Li Jingang, Yang Rundi, Rho Yoonsoo, Ci Penghong, Eliceiri Matthew, Park Hee K, Wu Junqiao, Grigoropoulos Costas P
Laser Thermal Laboratory, Department of Mechanical Engineering, University of California, Berkeley, California94720, United States.
Physical & Life Sciences and NIF & Photon Sciences, Lawrence Livermore National Laboratory, Livermore, California94550, United States.
Nano Lett. 2023 Feb 22;23(4):1445-1450. doi: 10.1021/acs.nanolett.2c04790. Epub 2023 Jan 25.
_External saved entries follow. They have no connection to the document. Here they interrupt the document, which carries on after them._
-- ===== src/Vfs/Tree.antt =====
-- The tree of nodes that vfs.c keeps, where every node has the type of the VFS itself.
use mathlib.Core.Path.{subst}
use smpl_osv.Base.{
  sym, some_inj, ℕ, ◌≤◌, ◌<◌, ◌≡◌, refl, ◌∙◌, ◌≢◌, arith, some, List, [], ◌∷◌, All, Bool-cases, inl,
  inr,
}
use smpl_osv.Libc.{string_eq}
use smpl_osv.Libc.Scan.{string_eq-eq}
use smpl_osv.Vfs.{Node, Vfs, Types, vfs_seek, seek_among, vfs_type}

-- A pointer to a node.
abbrev pub Allocated : Vfs → ℕ → Type 0
Allocated fs p = (p ≢ 0) × (p < fs.next)

abbrev pub IsNode : Vfs → ℕ → Node → Type 0
IsNode fs p n = (fs.nodes p ≡ some n) × (n.fs_type ≡ fs.vfs_typeid) × All (Allocated fs) n.childs

-- The node at `c` has the parent `p`.
abbrev pub IsChild : Vfs → ℕ → ℕ → Type 0
IsChild fs p c = (m : Node) × (fs.nodes c ≡ some m) × (m.parent ≡ p)

-- The root and every child are nodes, every child of a node has that node as its parent, and all
-- have the type of the VFS, which is registered.
pub record IsVfs (ts : Types) (fs : Vfs) : Type 0 where
  pub registered : ts.fs_types fs.vfs_typeid ≡ some vfs_type
  pub root : Allocated fs fs.vfs_root
  pub node : (p : ℕ) → Allocated fs p → (n : Node) × IsNode fs p n
  pub childs :
      (p : ℕ) (n : Node) → Allocated fs p → fs.nodes p ≡ some n → All (IsChild fs p) n.childs

-- From the node at `p` these names lead down to the node at `q`: each node on the way has its
-- name and the one before it as its parent.
unfoldable pub Leads : Vfs → ℕ → List (List ℕ) → ℕ → Type 0
Leads fs p [] q = p ≡ q
Leads fs p (w ∷ ws) q =
    (c : ℕ) × (m : Node) × (fs.nodes c ≡ some m) × (m.name ≡ w) × (m.parent ≡ p) × Leads fs c ws q

-- What was found before is found still.
pub record Extends (fs fs' : Vfs) : Type 0 where
  pub same_root : fs'.vfs_root ≡ fs.vfs_root
  pub same_type : fs'.vfs_typeid ≡ fs.vfs_typeid
  pub more : fs.next ≤ fs'.next
  pub found :
      (w : List ℕ) (p r : ℕ)
      → Allocated fs p
      → vfs_seek w p fs ≡ some r
      → r ≢ 0
      → vfs_seek w p fs' ≡ some r

pub Extends-refl : (fs : Vfs) → Extends fs fs
Extends-refl fs = record {
  same_root = refl;
  same_type = refl;
  more = omega arith;
  found = λ w p r a e nz. e;
}

pub Extends-trans : (a b c : Vfs) → Extends a b → Extends b c → Extends a c
Extends-trans a b c x y = record {
  same_root = y.same_root ∙ x.same_root;
  same_type = y.same_type ∙ x.same_type;
  more = omega (arith, x.more, y.more);
  found = λ w p r al e nz. y.found w p r (al.0, omega (arith, x.more)) (x.found w p r al e nz) nz;
}

-- The search through the children ends, at 0 or at one of them.
among_total :
    (ts : Types) (fs : Vfs) (w : List ℕ) (cs : List ℕ)
    → IsVfs ts fs
    → All (Allocated fs) cs
    → (r : ℕ) × (seek_among w cs fs ≡ some r) × (r ≢ 0 → r < fs.next)
unfolding seek_among
among_total ts fs w [] v all = (0, refl, λ h. absurd (h refl))
among_total ts fs w (c ∷ cs) v (first, rest) =
    let (n, (is, _, _)) = v.node c first in
    let (r, run, ok) = among_total ts fs w cs v rest in
    elim (Bool-cases (string_eq w n.name)) [
      | inl e ↦ (c, rw (is, e) refl, λ h. first.1)
      | inr e ↦ (r, rw (is, e) run, ok)
    ]

pub seek_total :
    (ts : Types) (fs : Vfs) (w : List ℕ) (p : ℕ)
    → IsVfs ts fs
    → Allocated fs p
    → (r : ℕ) × (vfs_seek w p fs ≡ some r) × (r ≢ 0 → Allocated fs r)
unfolding vfs_seek
seek_total ts fs w p v al =
    let (n, (is, _, childs)) = v.node p al in
    let (r, run, ok) = among_total ts fs w n.childs v childs in (r, rw is run, λ nz. (nz, ok nz))

-- A child that the search finds has the name, and its parent is the node that was searched.
among-IsChild :
    (fs : Vfs) (w : List ℕ) (p r : ℕ) (cs : List ℕ)
    → All (IsChild fs p) cs
    → seek_among w cs fs ≡ some r
    → r ≢ 0
    → (m : Node) × (fs.nodes r ≡ some m) × (m.name ≡ w) × (m.parent ≡ p)
unfolding seek_among
among-IsChild fs w p r [] all e nz = absurd (nz (sym (some_inj _ _ e)))
among-IsChild fs w p r (c ∷ cs) ((m, is, up), rest) e nz = elim (Bool-cases (string_eq w m.name)) [
  | inl h ↦
      let at : c ≡ r = some_inj c r (rw (is, h) at e) in
      (m, subst (λ k. fs.nodes k ≡ some m) at is, sym (string_eq-eq w m.name h), up)
  | inr h ↦
      let later : seek_among w cs fs ≡ some r = rw (is, h) at e in
      among-IsChild fs w p r cs rest later nz
]

pub seek-IsChild :
    (ts : Types) (fs : Vfs) (w : List ℕ) (p r : ℕ)
    → IsVfs ts fs
    → Allocated fs p
    → vfs_seek w p fs ≡ some r
    → r ≢ 0
    → (m : Node) × (fs.nodes r ≡ some m) × (m.name ≡ w) × (m.parent ≡ p)
unfolding vfs_seek
seek-IsChild ts fs w p r v al e nz =
    let (n, (is, _, _)) = v.node p al in
    let among : seek_among w n.childs fs ≡ some r = rw is at e in
    among-IsChild fs w p r n.childs (v.childs p n al is) among nz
Carrier distribution and dynamics in semiconductor materials often govern their physical properties that are critical to functionalities and performance in industrial applications. The continued miniaturization of electronic and photonic devices calls for tools to probe carrier behavior in semiconductors simultaneously at the picosecond time and nanometer length scales. Here, we report pump-probe optical nanoscopy in the visible-near-infrared spectral region to characterize the carrier dynamics in silicon nanostructures. By coupling experiments with the point-dipole model, we resolve the size-dependent photoexcited carrier lifetime in individual silicon nanowires. We further demonstrate local carrier decay time mapping in silicon nanostructures with a sub-50 nm spatial resolution. Our study enables the nanoimaging of ultrafast carrier kinetics, which will find promising applications in the future design of a broad range of electronic, photonic, and optoelectronic devices.
半导体材料中的载流子分布和动力学通常决定着它们的物理性质,而这些性质对于工业应用中的功能和性能至关重要。电子和光子器件的持续小型化要求具备在皮秒时间尺度和纳米长度尺度上同时探测半导体中载流子行为的工具。在此,我们报道了在可见-近红外光谱区域的泵浦-探测光学纳米显微镜,用于表征硅纳米结构中的载流子动力学。通过将实验与点偶极子模型相结合,我们解析了单个硅纳米线中与尺寸相关的光激发载流子寿命。我们进一步展示了在硅纳米结构中具有低于50 nm空间分辨率的局部载流子衰减时间映射。我们的研究实现了超快载流子动力学的纳米成像,这将在未来广泛的电子、光子和光电器件设计中找到有前景的应用。